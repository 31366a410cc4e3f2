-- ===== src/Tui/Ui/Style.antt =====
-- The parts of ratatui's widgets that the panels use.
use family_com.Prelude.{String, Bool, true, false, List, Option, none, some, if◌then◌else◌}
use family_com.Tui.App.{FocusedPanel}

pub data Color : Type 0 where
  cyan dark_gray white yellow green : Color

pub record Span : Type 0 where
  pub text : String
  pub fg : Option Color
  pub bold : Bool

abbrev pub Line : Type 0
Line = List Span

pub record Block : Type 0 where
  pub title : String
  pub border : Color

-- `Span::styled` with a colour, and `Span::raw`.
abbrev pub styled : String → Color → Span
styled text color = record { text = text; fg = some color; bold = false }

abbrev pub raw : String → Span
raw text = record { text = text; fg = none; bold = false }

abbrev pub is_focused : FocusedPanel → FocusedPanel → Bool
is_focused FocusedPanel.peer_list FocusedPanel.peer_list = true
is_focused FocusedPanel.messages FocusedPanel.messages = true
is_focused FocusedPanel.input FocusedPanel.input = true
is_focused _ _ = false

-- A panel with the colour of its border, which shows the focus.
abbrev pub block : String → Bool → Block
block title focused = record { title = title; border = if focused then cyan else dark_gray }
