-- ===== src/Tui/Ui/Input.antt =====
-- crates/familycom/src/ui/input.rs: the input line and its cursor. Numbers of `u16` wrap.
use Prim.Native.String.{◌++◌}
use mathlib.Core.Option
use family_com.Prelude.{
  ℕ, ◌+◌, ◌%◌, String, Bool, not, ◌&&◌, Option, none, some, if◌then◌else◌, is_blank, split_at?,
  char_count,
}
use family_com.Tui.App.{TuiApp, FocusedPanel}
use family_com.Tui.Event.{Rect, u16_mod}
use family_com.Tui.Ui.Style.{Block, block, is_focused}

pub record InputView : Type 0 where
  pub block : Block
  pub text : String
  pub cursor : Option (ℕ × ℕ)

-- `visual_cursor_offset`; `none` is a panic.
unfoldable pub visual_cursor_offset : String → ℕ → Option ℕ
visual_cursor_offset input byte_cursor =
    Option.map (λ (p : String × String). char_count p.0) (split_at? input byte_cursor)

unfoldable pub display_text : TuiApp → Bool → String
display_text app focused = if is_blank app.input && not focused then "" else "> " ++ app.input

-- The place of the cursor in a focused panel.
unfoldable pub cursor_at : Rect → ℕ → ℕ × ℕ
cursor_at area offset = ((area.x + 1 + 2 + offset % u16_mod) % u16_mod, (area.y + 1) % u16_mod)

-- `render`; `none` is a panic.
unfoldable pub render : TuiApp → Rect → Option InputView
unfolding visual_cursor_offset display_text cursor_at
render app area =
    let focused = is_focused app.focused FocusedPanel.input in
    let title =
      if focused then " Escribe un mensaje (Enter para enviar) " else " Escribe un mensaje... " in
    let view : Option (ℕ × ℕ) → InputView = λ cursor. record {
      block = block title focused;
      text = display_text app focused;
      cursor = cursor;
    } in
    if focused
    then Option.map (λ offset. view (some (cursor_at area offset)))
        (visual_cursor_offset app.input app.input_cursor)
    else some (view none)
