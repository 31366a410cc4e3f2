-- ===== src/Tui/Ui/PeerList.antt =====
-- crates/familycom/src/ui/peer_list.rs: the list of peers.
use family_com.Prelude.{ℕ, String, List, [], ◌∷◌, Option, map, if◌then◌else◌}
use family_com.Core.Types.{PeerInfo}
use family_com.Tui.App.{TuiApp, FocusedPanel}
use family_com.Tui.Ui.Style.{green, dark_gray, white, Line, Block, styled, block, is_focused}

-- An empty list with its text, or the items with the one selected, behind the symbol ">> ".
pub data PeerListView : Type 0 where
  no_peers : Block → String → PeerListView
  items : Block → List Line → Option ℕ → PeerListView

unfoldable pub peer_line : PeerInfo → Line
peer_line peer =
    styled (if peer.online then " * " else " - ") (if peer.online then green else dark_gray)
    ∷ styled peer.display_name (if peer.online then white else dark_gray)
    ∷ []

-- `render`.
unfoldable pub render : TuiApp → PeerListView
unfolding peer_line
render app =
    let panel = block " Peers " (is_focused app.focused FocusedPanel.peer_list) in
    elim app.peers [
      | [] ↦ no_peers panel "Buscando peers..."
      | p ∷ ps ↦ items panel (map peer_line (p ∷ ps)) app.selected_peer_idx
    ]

**The problem:**
Using only the data above, copy out the lines that include the word "TuiApp".

**Answer area:**
use family_com.Tui.App.{TuiApp, FocusedPanel}
unfoldable pub display_text : TuiApp → Bool → String
unfoldable pub render : TuiApp → Rect → Option InputView
use family_com.Tui.App.{TuiApp, FocusedPanel}
unfoldable pub render : TuiApp → PeerListView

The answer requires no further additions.